» WHAT IS BEING ASKED:
Scan the entries below for the word "record". Copy out every line in which it occurs.

··· THE DATA ···

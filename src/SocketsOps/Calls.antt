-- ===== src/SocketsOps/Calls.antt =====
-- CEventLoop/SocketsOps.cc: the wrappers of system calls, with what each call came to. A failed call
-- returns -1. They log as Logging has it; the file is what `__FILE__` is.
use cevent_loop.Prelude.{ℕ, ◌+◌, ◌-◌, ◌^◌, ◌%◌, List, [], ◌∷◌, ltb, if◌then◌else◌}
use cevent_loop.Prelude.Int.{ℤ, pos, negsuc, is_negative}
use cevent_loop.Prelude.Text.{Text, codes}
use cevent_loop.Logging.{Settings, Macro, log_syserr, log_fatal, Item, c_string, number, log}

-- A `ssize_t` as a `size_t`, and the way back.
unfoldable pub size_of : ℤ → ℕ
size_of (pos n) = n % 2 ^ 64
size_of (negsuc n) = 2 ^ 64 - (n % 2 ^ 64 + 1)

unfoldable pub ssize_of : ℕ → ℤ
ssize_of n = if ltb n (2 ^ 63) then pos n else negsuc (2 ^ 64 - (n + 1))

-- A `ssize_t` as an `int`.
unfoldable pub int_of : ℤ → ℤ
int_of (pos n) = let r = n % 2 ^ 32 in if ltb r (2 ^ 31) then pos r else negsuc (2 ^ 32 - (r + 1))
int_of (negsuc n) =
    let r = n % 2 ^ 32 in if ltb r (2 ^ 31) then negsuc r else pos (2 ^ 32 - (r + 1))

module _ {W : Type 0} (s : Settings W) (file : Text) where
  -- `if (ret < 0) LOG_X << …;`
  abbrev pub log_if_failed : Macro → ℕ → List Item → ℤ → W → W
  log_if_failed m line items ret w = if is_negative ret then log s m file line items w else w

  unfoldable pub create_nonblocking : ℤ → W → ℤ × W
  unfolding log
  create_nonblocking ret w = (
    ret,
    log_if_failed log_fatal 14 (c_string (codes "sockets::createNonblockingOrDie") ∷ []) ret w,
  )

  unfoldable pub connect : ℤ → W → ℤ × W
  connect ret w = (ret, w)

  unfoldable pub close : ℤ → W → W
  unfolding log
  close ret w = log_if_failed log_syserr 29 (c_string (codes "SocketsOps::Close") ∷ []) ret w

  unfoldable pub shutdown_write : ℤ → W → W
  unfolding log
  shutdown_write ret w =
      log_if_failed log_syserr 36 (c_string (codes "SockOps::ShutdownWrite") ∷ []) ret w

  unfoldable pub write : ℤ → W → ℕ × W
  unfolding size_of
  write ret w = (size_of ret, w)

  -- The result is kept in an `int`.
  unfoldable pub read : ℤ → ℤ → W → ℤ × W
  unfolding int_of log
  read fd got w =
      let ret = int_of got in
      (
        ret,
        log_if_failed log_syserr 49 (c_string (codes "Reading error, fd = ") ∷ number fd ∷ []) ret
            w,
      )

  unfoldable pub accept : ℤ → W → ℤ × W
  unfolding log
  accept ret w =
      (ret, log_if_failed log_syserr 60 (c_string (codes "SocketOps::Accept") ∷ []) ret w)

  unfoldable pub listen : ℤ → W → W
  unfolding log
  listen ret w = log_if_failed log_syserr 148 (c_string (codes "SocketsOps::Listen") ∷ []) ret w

···
··· THE DATA ···

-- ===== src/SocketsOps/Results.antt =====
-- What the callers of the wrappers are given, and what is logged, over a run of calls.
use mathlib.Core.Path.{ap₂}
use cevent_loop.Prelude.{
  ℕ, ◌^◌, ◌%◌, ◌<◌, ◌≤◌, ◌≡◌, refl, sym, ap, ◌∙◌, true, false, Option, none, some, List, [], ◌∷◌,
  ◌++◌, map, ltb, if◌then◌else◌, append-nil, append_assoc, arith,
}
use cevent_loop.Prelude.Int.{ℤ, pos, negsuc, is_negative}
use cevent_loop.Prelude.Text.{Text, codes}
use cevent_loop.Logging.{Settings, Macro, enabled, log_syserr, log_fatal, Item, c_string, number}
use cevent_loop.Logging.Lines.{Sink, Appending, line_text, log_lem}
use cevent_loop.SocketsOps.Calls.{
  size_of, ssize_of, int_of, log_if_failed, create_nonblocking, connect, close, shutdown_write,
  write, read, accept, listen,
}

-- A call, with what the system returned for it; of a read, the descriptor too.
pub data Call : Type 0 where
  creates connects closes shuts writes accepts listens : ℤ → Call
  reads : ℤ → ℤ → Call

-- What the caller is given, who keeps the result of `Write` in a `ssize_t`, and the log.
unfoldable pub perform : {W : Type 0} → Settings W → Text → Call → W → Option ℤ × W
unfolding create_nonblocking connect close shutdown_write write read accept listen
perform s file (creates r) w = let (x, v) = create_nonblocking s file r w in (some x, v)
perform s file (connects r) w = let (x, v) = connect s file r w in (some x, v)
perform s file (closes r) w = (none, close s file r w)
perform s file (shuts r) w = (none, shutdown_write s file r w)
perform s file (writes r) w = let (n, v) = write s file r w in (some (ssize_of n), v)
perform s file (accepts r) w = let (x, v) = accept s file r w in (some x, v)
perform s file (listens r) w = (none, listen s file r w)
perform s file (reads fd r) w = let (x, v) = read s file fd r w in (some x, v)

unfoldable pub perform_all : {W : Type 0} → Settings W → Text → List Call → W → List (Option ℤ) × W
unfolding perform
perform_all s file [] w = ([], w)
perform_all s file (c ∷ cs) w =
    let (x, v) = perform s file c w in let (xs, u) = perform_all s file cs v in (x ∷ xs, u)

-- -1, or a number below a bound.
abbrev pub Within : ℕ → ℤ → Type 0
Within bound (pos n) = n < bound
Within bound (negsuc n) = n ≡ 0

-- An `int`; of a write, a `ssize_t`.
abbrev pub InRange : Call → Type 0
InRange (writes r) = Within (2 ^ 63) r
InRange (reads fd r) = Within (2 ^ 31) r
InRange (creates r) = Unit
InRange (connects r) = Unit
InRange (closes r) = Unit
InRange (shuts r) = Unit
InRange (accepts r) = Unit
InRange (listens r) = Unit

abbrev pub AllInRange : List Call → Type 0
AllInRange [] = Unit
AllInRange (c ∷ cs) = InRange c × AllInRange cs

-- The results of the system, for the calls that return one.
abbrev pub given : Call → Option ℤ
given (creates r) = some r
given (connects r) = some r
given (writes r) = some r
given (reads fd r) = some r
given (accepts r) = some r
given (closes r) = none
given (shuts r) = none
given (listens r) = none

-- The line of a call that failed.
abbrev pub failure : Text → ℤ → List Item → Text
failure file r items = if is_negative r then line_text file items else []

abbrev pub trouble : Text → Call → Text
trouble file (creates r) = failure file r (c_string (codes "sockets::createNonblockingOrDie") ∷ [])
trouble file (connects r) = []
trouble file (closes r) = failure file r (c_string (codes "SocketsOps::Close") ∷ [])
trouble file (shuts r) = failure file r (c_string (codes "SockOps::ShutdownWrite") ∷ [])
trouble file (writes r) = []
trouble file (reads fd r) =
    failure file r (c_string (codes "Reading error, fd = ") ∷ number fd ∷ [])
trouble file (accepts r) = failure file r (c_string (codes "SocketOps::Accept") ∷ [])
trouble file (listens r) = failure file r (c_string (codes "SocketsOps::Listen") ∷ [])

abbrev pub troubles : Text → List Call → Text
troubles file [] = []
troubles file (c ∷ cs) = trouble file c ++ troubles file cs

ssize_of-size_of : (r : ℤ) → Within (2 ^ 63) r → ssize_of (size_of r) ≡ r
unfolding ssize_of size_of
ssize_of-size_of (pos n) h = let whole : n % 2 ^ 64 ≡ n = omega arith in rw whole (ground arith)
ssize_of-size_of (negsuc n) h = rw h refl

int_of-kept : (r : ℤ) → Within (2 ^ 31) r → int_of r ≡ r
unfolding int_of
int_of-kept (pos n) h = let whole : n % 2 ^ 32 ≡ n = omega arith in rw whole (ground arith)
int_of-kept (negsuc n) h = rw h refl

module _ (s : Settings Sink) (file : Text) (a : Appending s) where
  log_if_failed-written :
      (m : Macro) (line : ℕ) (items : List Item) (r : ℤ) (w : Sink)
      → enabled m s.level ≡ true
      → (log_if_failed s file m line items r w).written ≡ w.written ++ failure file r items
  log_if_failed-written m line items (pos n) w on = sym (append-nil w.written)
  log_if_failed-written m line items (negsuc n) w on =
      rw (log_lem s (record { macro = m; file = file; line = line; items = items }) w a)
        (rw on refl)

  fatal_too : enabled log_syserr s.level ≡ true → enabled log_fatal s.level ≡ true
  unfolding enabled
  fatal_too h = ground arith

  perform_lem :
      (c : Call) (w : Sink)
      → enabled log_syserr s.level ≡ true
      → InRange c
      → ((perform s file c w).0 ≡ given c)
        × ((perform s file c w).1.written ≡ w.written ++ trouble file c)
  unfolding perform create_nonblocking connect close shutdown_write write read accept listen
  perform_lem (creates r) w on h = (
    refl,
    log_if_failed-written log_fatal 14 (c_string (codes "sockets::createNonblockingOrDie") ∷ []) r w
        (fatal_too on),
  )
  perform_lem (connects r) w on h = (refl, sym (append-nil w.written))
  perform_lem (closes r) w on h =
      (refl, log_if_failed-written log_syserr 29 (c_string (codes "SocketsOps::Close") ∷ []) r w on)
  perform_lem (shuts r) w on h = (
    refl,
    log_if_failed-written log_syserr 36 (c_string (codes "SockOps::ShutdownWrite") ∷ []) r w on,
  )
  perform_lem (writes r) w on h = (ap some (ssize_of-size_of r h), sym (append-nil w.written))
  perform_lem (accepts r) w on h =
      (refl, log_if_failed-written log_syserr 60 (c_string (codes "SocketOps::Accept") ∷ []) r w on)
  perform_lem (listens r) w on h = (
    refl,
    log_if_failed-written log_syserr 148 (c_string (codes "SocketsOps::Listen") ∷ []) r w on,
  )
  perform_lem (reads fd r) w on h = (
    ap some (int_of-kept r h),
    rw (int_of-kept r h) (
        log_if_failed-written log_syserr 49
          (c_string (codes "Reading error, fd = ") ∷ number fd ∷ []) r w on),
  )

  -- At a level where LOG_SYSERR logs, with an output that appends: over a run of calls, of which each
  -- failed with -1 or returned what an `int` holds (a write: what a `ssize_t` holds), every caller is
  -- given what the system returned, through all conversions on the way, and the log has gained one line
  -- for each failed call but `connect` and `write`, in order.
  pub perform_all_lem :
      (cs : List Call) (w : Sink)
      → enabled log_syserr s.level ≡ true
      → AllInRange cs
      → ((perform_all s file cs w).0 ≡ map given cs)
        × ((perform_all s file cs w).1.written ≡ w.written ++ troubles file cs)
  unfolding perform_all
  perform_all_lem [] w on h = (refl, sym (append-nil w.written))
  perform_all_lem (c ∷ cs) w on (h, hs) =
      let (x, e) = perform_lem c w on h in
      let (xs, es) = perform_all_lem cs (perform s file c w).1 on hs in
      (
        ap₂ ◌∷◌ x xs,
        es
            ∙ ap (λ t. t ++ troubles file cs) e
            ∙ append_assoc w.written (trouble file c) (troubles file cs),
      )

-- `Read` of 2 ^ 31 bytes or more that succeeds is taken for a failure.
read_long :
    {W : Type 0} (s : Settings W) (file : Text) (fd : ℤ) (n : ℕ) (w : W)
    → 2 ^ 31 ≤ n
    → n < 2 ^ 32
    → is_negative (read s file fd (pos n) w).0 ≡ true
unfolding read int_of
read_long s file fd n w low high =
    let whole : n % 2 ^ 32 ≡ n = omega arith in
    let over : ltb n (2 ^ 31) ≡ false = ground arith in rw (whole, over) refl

···
··· THE DATA ···

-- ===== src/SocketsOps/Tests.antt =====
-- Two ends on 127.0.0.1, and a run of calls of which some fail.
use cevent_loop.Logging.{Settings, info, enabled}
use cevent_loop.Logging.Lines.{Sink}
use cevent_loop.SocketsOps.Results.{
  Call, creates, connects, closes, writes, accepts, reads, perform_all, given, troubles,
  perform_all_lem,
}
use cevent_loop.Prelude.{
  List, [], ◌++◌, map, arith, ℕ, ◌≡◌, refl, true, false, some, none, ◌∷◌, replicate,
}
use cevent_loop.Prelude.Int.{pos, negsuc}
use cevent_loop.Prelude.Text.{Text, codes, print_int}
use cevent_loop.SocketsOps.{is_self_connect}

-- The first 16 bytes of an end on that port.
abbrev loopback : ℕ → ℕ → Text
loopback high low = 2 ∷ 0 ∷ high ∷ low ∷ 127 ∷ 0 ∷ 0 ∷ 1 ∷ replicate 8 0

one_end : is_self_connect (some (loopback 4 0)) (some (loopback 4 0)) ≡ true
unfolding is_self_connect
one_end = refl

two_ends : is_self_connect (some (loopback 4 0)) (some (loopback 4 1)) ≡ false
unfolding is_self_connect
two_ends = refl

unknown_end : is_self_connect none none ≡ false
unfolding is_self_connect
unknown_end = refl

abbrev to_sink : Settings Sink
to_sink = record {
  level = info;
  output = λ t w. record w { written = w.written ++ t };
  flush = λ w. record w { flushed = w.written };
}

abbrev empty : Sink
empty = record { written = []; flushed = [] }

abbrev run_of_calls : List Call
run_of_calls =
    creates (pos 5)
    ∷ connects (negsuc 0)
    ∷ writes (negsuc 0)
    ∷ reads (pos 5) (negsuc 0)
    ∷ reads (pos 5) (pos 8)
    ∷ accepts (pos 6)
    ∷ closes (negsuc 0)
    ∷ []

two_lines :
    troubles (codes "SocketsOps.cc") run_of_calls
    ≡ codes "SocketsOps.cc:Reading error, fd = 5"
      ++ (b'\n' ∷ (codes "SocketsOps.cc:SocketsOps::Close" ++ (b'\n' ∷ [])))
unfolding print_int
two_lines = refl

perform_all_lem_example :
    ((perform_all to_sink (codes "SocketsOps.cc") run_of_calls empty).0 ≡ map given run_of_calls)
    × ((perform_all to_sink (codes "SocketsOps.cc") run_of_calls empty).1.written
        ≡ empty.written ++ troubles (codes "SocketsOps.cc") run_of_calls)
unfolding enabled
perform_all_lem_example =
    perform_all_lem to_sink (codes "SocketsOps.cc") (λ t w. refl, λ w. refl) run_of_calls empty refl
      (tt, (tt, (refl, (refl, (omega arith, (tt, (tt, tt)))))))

···

» WORKED SOLUTION:
      rw (log_lem s (record { macro = m; file = file; line = line; items = items }) w a)
to_sink = record {
  output = λ t w. record w { written = w.written ++ t };
  flush = λ w. record w { flushed = w.written };
empty = record { written = []; flushed = [] }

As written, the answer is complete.